Cholera, which has topped the list of the five biggest outbreaks in Africa this year, has caused thousands of deaths from about 158,000 suspected cases. Africa, which is also contending with mpox, measles, dengue and Lassa fever, accounts for 94% of all cholera deaths.

The bacterial disease doesn’t have to be a death sentence — most people can be successfully treated for the severe dehydration that comes from vomiting and diarrhea through prompt administration of an oral-rehydration solution. But the illness that disproportionately affects children is harder to treat in communities that have low pre-existing immunity due to limited vaccination rates and poor general health.

 

There are three oral cholera vaccine-manufacturing projects in various stages of completion in Africa, but they need $150 million in financing and secured demand from governments, Africa CDC has said.

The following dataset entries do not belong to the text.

-- ===== src/Client.antt =====
-- client/: the daemon that holds shares.
pub mod Node
pub mod World
pub mod Registration
pub mod Reconstruct
pub mod Split
pub mod Backup
pub mod SelfHeal
pub mod Mutation
pub mod Listen
pub mod ColdChains
pub mod Detection
pub mod Startup
pub mod Immune
pub mod Watchdog
pub mod PeerServer
pub mod Cluster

The bulk of cases and deaths are in the neighboring countries of Angola, Congo, Sudan and South Sudan. This shows spillover of cases from one nation to another and reflects of many years of underinvestment in sanitation infrastructure. The proportion of schools that have no hand-washing facilities ranges from 57% in Sudan to as much as 90% in South Sudan. Conflict and the related increase in population movement adds to this risk.